I'm doing the following two queries quite frequently on a table that essentially gathers up logging information. Both select distinct values from a huge number of rows but with less than 10 different values in those.
I've analyzed both "distinct" queries done by the page:
marchena=> explain select distinct auditrecor0_.bundle_id as col_0_0_ from audit_records auditrecor0_;
QUERY PLAN
----------------------------------------------------------------------------------------------
HashAggregate (cost=1070734.05..1070734.11 rows=6 width=21)

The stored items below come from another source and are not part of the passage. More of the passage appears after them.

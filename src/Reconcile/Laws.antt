-- ===== src/Reconcile/Laws.antt =====
-- The scan of payment-reconcile.service.ts: it always returns, and moves money only on Paystack's word.
use mathlib.Core.Option
use mathlib.Core.Option.{some-injective}
use mathlib.Core.List.{reverse}
use meduman_backend.Prelude.{
  Bool-cases, Option-cases, or_else, length, any, take, length-take_le, ℕ, ◌+◌, ◌≤◌, String, ◌≡◌,
  refl, sym, ap, ◌∙◌, subst, ◌⊎◌, inl, inr, true, Option, none, some, List, [], ◌∷◌, arith, eq_iff,
}
use meduman_backend.Store.Rows.{Payment}
use meduman_backend.Store.World.{World}
use meduman_backend.Store.Table.{find_first, find_many, find_first-where}
use meduman_backend.Store.Action.{Result, ok, pure, world_after, result_of, bind_ok}
use meduman_backend.Paystack.{Provider}
use meduman_backend.Payments.{
  by_server_verify, has_payment_id, is_pending, verify_and_protect_payment, reconcile_payment,
}
use meduman_backend.Payments.Verified.{IsVerified, unsettled, SamePayments, protect_or_frame}
use meduman_backend.Reconcile.{
  is_stranded_charge, reached_success, reconcile_one, reconcile_all, reconcile_pending,
}

-- The payments that a scan takes
abbrev pub taken : (threshold_ms now : ℕ) → World → List Payment
taken threshold_ms now w =
    take 100 (reverse (find_many (is_stranded_charge threshold_ms now) w.payments))

-- What changes neither a transaction, nor a timeline, nor a payment but in its status.
abbrev Kept : World → World → Type 0
Kept w w' = (w'.transactions ≡ w.transactions) × (w'.timeline ≡ w.timeline) × SamePayments w w'

Kept-trans : (u v w : World) → Kept u v → Kept v w → Kept u w
Kept-trans u v w (t, l, p) (t', l', p') = (t' ∙ t, l' ∙ l, λ id. p' id ∙ p id)

-- The reference that a payment is verified under
abbrev pub verify_reference : Payment → String
verify_reference p = or_else p.provider_charge_reference p.provider_reference

-- A payment of the database that the list names, and that Paystack reports as paid in full.
pub record VerifiedOf (provider : Provider) (scanned : List Payment) (w : World) : Type 0 where
  pub payment : Payment
  pub found : find_first (has_payment_id payment.id) w.payments ≡ some payment
  pub named : any (has_payment_id payment.id) scanned ≡ true
  pub verified : IsVerified provider (verify_reference payment) payment

module _ (provider : Provider) where
  reconciles :
      (id : String) (p : Payment) (w : World)
      → find_first (has_payment_id id) w.payments ≡ some p
      → is_pending p.status ≡ true
      → reconcile_payment provider id w
        ≡ verify_and_protect_payment provider p (verify_reference p) by_server_verify w
  unfolding reconcile_payment find_first
  reconciles id p w found pending = rw (found, pending) refl

  reconcile_payment_or_Kept :
      (id : String) (w : World)
      → ((p : Payment) × (find_first (has_payment_id id) w.payments ≡ some p)
          × IsVerified provider (verify_reference p) p)
        ⊎ Kept w (world_after (reconcile_payment provider id) w)
  unfolding reconcile_payment find_first
  reconcile_payment_or_Kept id w = elim (Option-cases (find_first (has_payment_id id) w.payments)) [
    | inl none_ ↦ inr (rw none_ (refl, refl, λ i. refl))
    | inr (p, found) ↦ elim (Bool-cases (is_pending p.status)) [
      | inr settled ↦ inr (rw (found, settled) (refl, refl, λ i. refl))
      | inl pending ↦ elim (protect_or_frame provider p (verify_reference p) by_server_verify w) [
        | inl (open_, verified) ↦ inl (p, found, verified)
        | inr kept ↦ inr (
            subst (λ (r : Result Payment × World). Kept w r.1)
              (sym (reconciles id p w found pending)) kept)
      ]
    ]
  ]

  -- The row that a later turn finds is that of the first world, but for its status.
  found_first :
      (q p : Payment) (rest : List Payment) (w0 w : World)
      → SamePayments w0 w
      → find_first (has_payment_id q.id) w.payments ≡ some p
      → IsVerified provider (verify_reference p) p
      → VerifiedOf provider (q ∷ rest) w0
  found_first q p rest w0 w same found verified =
      go (find_first (has_payment_id q.id) w0.payments) refl
        (sym (same q.id) ∙ ap (Option.map unsettled) found)
    where
      go :
          (o : Option Payment)
          → find_first (has_payment_id q.id) w0.payments ≡ o
          → Option.map unsettled o ≡ some (unsettled p)
          → VerifiedOf provider (q ∷ rest) w0
      go none e key = absurd (ground (arith, key))
      go (some p0) e key =
          let own : p0.id ≡ q.id =
            (eq_iff p0.id q.id).0 (find_first-where (has_payment_id q.id) w0.payments e) in
          record {
            payment = p0;
            found = subst (λ i. find_first (has_payment_id i) w0.payments ≡ some p0) (sym own) e;
            named = ground (arith, (eq_iff q.id p0.id).1 (sym own));
            verified =
                subst (λ a. IsVerified provider (verify_reference a) a)
                  (sym (some-injective _ _ key)) verified;
          }

  abbrev Scanned : List Payment → World → World → World → Type 0
  Scanned ps w0 w w' = VerifiedOf provider ps w0 ⊎ Kept w w'

  reached_le : (r : Result Payment) → reached_success r ≤ 1
  reached_le r = ground arith

  reconcile_all_lem :
      (ps : List Payment) (w0 w : World)
      → SamePayments w0 w
      → (n : ℕ) × (w' : World) × (reconcile_all provider ps w ≡ (ok n, w'))
        × (n ≤ length ps)
        × Scanned ps w0 w w'
  unfolding reconcile_all reconcile_one
  reconcile_all_lem [] w0 w same = (0, w, refl, omega arith, inr (refl, refl, λ id. refl))
  reconcile_all_lem (q ∷ ps) w0 w same = elim (reconcile_payment_or_Kept q.id w) [
    | inl (p, found, verified) ↦
        counted w1 (reconcile_all_lem ps w1 w1 (λ id. refl))
          (λ w' scanned. inl (found_first q p ps w0 w same found verified))
    | inr (t, l, k) ↦
        counted w0 (reconcile_all_lem ps w0 w1 (λ id. k id ∙ same id)) (later (t, l, k))
  ]
    where
      w1 : World
      w1 = world_after (reconcile_payment provider q.id) w

      first : ℕ
      first = reached_success (result_of (reconcile_payment provider q.id) w)

      later : Kept w w1 → (w' : World) → Scanned ps w0 w1 w' → Scanned (q ∷ ps) w0 w w'
      later kept w' (inl v) = inl (record {
        payment = v.payment;
        found = v.found;
        named = ground (arith, v.named);
        verified = v.verified;
      })
      later kept w' (inr more) = inr (Kept-trans w w1 w' kept more)

      counted :
          (v : World)
          → ((n : ℕ) × (w' : World) × (reconcile_all provider ps w1 ≡ (ok n, w'))
              × (n ≤ length ps)
              × Scanned ps v w1 w')
          → ((w' : World) → Scanned ps v w1 w' → Scanned (q ∷ ps) w0 w w')
          → (n : ℕ) × (w' : World) × (reconcile_all provider (q ∷ ps) w ≡ (ok n, w'))
            × (n ≤ length (q ∷ ps))
            × Scanned (q ∷ ps) w0 w w'
      counted v (n, w', ran, le, scanned) further = (
        first + n,
        w',
        bind_ok (reconcile_all provider ps) (λ rest. pure (first + rest)) ran,
        omega (arith, le, reached_le (result_of (reconcile_payment provider q.id) w)),
        further w' scanned,
      )

  -- The scan always returns, whatever is thrown for one payment: it has checked 100 payments at most, and no more
  -- of them than that have reached SUCCESS. It leaves every transaction and every timeline as it was, unless
  -- Paystack reports, for one of the payments taken, a success of exactly its amount.
  pub reconcile_pending_lem :
      (threshold_ms now : ℕ) (w : World)
      → (checked protected_count : ℕ) × (w' : World) × (reconcile_pending provider threshold_ms now
            w
          ≡ (ok (checked, protected_count), w'))
        × (protected_count ≤ checked)
        × (checked ≤ 100)
        × (VerifiedOf provider (taken threshold_ms now w) w
            ⊎ ((w'.transactions ≡ w.transactions) × (w'.timeline ≡ w.timeline)))
  unfolding reconcile_pending
  reconcile_pending_lem threshold_ms now w =
      let (n, w', ran, le, outcome) =
        reconcile_all_lem (taken threshold_ms now w) w w (λ id. refl) in
      (
        length (taken threshold_ms now w),
        n,
        w',
        bind_ok (reconcile_all provider (taken threshold_ms now w))
            (λ k. pure (length (taken threshold_ms now w), k)) ran,
        le,
        length-take_le 100 (reverse (find_many (is_stranded_charge threshold_ms now) w.payments)),
        told w' outcome,
      )
    where
      told :
          (w' : World)
          → Scanned (taken threshold_ms now w) w w w'
          → VerifiedOf provider (taken threshold_ms now w) w
            ⊎ ((w'.transactions ≡ w.transactions) × (w'.timeline ≡ w.timeline))
      told w' (inl v) = inl v
      told w' (inr (t, l, p)) = inr (t, l)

-> Seq Scan on audit_records auditrecor0_ (cost=0.00..1023050.24 rows=19073524 width=21)
(2 rows)
marchena=> explain select distinct auditrecor0_.server_name as col_0_0_ from audit_records auditrecor0_;
QUERY PLAN
----------------------------------------------------------------------------------------------
HashAggregate (cost=1070735.34..1070735.39 rows=5 width=13)
-> Seq Scan on audit_records auditrecor0_ (cost=0.00..1023051.47 rows=19073547 width=13)
(2 rows)
Both do sequence scans of the columns. However if I turn off enable_seqscan (dispite the name this only disables doing sequence scans on columns with indices) the query uses the index, but is even slower:
marchena=> set enable_seqscan = off;
SET
marchena=> explain select distinct auditrecor0_.bundle_id as col_0_0_ from audit_records auditrecor0_;
QUERY PLAN
------------------------------------------------------------------------------------------------------------------------
Unique (cost=0.00..19613740.62 rows=6 width=21)
-> Index Scan using audit_bundle_idx on audit_records auditrecor0_ (cost=0.00..19566056.69 rows=19073570 width=21)
(2 rows)
marchena=> explain select distinct auditrecor0_.server_name as col_0_0_ from audit_records auditrecor0_;
QUERY PLAN
------------------------------------------------------------------------------------------------------------------------
Unique (cost=0.00..45851449.96 rows=5 width=13)
-> Index Scan using audit_server_idx on audit_records auditrecor0_ (cost=0.00..45803766.04 rows=19073570 width=13)
(2 rows)
Both bundle_id and server_name columns have btree indices on them, should I be using a different type of index to make selecting distinct values fast?